[Opening MATERIAL PROVIDED section]
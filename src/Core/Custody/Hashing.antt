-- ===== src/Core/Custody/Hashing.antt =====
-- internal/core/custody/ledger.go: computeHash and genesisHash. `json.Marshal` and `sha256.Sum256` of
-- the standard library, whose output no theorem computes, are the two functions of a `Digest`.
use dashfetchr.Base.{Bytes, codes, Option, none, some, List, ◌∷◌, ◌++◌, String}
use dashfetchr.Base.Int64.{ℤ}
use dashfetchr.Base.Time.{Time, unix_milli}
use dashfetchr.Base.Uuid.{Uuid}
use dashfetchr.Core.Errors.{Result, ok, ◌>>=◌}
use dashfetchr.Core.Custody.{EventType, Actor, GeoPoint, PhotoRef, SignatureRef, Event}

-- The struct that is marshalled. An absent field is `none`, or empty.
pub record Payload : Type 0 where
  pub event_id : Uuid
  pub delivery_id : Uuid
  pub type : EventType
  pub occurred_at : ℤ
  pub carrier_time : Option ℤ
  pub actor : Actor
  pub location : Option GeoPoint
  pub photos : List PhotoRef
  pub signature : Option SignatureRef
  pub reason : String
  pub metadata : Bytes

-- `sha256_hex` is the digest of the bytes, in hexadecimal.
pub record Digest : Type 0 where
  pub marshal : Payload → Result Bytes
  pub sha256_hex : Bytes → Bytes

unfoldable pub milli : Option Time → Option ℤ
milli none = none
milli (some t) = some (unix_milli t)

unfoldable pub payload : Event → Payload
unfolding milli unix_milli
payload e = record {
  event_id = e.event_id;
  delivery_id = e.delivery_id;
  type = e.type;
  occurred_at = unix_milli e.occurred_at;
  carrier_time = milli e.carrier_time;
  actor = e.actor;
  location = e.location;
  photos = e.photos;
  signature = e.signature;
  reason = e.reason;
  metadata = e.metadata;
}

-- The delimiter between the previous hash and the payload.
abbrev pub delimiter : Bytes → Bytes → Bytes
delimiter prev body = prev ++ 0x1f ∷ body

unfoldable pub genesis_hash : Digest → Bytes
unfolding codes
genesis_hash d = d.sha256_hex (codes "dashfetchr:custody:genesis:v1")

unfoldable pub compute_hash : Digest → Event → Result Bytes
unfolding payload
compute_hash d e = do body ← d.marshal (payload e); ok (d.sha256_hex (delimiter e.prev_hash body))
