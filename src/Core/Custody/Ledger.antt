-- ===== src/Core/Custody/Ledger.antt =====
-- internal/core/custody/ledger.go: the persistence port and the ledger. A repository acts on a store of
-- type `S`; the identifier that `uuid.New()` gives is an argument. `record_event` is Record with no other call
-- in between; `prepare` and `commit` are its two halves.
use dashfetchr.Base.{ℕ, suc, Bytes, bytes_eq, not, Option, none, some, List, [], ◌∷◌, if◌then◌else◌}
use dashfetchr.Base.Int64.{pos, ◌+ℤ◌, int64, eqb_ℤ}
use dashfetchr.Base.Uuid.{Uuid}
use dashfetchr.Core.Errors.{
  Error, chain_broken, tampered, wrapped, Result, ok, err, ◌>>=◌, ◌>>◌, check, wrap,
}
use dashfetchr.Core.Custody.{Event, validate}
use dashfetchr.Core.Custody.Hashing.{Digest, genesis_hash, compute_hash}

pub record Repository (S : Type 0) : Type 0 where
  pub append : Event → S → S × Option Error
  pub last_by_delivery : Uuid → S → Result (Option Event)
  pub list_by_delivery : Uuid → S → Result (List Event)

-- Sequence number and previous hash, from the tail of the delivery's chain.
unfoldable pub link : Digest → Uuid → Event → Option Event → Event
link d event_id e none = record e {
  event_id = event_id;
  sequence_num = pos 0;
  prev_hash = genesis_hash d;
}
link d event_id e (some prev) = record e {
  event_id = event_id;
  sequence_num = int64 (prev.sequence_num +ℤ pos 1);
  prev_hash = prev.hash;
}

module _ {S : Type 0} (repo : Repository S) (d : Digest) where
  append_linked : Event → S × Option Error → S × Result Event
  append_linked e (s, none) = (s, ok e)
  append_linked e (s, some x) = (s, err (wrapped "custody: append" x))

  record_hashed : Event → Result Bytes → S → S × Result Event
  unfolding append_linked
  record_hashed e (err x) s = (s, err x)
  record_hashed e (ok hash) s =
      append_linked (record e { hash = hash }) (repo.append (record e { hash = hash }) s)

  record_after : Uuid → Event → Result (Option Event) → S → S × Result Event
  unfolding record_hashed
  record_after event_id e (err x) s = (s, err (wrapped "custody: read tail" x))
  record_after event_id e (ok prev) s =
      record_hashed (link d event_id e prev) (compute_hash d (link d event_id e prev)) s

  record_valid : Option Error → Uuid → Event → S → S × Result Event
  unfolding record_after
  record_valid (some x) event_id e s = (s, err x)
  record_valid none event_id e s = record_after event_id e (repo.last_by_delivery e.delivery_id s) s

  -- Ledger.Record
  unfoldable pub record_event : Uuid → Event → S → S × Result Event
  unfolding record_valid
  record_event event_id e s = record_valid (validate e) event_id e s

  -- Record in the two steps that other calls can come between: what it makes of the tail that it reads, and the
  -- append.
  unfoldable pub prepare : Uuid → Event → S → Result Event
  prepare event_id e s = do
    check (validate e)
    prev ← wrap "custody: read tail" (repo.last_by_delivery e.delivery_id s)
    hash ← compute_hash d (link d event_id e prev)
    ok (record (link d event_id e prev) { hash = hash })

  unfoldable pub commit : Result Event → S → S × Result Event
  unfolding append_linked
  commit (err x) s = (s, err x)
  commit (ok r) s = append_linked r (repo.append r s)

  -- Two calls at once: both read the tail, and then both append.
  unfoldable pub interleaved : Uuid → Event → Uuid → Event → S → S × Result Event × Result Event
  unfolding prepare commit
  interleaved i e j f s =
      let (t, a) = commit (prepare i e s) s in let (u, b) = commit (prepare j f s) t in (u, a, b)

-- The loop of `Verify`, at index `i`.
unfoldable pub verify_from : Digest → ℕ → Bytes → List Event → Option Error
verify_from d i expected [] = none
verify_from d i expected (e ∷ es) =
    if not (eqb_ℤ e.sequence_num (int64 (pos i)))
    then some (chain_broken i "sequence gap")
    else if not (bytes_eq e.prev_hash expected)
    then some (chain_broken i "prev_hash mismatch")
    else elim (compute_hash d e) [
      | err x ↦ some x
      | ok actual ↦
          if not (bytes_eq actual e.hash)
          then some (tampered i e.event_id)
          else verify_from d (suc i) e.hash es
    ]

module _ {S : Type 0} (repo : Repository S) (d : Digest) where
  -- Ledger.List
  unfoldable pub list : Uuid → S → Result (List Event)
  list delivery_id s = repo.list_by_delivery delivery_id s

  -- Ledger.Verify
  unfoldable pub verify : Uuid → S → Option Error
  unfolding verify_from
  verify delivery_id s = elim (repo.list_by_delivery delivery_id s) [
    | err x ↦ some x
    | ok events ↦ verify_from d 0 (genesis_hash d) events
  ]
[Closing MATERIAL PROVIDED section]
[Opening MATERIAL PROVIDED section]
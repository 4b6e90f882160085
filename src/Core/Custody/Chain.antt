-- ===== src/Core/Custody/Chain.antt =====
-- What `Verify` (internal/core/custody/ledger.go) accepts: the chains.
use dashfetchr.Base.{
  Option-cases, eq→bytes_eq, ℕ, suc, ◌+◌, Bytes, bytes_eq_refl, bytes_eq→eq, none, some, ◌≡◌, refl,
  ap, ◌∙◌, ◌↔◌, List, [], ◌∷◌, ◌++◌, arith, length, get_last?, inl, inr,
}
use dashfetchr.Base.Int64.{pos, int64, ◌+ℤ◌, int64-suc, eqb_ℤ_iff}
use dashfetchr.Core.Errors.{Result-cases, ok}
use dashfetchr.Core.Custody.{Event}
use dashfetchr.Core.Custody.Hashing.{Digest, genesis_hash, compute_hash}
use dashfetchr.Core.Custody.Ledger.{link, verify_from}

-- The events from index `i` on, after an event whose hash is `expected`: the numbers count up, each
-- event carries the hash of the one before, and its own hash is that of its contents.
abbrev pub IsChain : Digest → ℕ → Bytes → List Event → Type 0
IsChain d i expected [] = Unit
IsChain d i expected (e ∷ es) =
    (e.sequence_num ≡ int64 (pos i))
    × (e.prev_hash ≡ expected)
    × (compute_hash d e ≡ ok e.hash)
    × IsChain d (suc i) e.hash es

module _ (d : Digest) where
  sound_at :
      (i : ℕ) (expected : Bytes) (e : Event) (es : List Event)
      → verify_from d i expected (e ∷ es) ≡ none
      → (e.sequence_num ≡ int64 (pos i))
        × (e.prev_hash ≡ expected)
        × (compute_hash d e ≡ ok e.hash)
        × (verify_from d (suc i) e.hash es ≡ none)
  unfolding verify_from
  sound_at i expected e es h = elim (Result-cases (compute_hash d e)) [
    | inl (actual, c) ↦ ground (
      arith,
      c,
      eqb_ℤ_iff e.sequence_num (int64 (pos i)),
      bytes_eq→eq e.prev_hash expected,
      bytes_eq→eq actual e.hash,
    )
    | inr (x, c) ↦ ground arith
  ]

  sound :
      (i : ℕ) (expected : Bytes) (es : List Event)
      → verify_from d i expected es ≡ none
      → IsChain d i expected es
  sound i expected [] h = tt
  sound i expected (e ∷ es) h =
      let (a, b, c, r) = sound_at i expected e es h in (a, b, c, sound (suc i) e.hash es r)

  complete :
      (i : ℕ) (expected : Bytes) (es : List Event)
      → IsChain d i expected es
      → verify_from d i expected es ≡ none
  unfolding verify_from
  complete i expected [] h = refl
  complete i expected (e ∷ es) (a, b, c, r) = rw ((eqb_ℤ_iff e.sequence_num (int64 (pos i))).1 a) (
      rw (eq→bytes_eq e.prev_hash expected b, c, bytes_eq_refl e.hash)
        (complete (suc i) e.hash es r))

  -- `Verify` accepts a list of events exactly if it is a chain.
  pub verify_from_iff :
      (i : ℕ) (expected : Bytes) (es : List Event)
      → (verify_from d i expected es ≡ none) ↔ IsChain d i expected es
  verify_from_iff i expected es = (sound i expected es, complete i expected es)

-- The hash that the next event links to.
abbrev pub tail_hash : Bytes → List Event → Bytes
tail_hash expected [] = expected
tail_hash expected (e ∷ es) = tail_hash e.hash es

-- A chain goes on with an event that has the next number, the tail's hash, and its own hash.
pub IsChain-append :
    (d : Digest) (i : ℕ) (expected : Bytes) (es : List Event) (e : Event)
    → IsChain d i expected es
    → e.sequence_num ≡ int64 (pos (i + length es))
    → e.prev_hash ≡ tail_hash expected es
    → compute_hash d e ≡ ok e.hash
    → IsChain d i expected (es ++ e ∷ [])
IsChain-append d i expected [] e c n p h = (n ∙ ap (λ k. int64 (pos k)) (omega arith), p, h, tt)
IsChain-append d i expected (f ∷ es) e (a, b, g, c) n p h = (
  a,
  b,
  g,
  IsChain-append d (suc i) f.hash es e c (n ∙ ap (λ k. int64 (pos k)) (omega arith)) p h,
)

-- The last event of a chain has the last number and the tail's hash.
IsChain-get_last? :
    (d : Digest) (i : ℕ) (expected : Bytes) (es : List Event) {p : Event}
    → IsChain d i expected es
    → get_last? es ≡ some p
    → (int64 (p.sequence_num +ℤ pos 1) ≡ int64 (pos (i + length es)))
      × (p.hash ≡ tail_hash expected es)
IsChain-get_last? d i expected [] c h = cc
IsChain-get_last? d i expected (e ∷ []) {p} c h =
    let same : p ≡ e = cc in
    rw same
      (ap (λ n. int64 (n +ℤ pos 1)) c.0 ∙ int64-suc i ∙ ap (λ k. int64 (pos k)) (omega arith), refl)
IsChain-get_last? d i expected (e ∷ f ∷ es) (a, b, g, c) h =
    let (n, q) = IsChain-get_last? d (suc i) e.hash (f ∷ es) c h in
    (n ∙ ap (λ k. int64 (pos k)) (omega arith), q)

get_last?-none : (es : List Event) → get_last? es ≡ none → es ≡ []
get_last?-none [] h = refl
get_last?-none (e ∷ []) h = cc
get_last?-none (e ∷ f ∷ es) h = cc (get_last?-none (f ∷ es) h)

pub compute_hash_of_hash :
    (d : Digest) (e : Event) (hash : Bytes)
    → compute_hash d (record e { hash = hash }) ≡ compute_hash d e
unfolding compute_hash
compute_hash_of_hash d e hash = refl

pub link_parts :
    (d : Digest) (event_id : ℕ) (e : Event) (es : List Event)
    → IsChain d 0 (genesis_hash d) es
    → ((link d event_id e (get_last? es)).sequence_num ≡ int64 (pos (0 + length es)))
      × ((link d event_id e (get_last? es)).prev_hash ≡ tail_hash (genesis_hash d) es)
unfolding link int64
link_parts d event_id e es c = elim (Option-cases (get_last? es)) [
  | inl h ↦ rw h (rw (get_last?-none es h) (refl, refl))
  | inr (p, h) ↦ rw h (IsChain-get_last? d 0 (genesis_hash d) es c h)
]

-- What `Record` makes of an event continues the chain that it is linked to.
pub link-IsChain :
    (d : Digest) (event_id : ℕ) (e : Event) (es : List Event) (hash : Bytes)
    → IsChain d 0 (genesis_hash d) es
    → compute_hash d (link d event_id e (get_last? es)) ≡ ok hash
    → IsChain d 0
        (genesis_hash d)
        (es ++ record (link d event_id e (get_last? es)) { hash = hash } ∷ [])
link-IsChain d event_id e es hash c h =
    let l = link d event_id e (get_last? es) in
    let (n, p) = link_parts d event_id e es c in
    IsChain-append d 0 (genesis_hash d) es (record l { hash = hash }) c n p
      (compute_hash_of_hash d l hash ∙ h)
[Closing MATERIAL PROVIDED section]
■ TASK:
From the listing above, return each line with the word "events".

■ ANSWER TO THIS TASK:
    | ok events ↦ verify_from d 0 (genesis_hash d) events
-- The events from index `i` on, after an event whose hash is `expected`: the numbers count up, each
  -- `Verify` accepts a list of events exactly if it is a chain.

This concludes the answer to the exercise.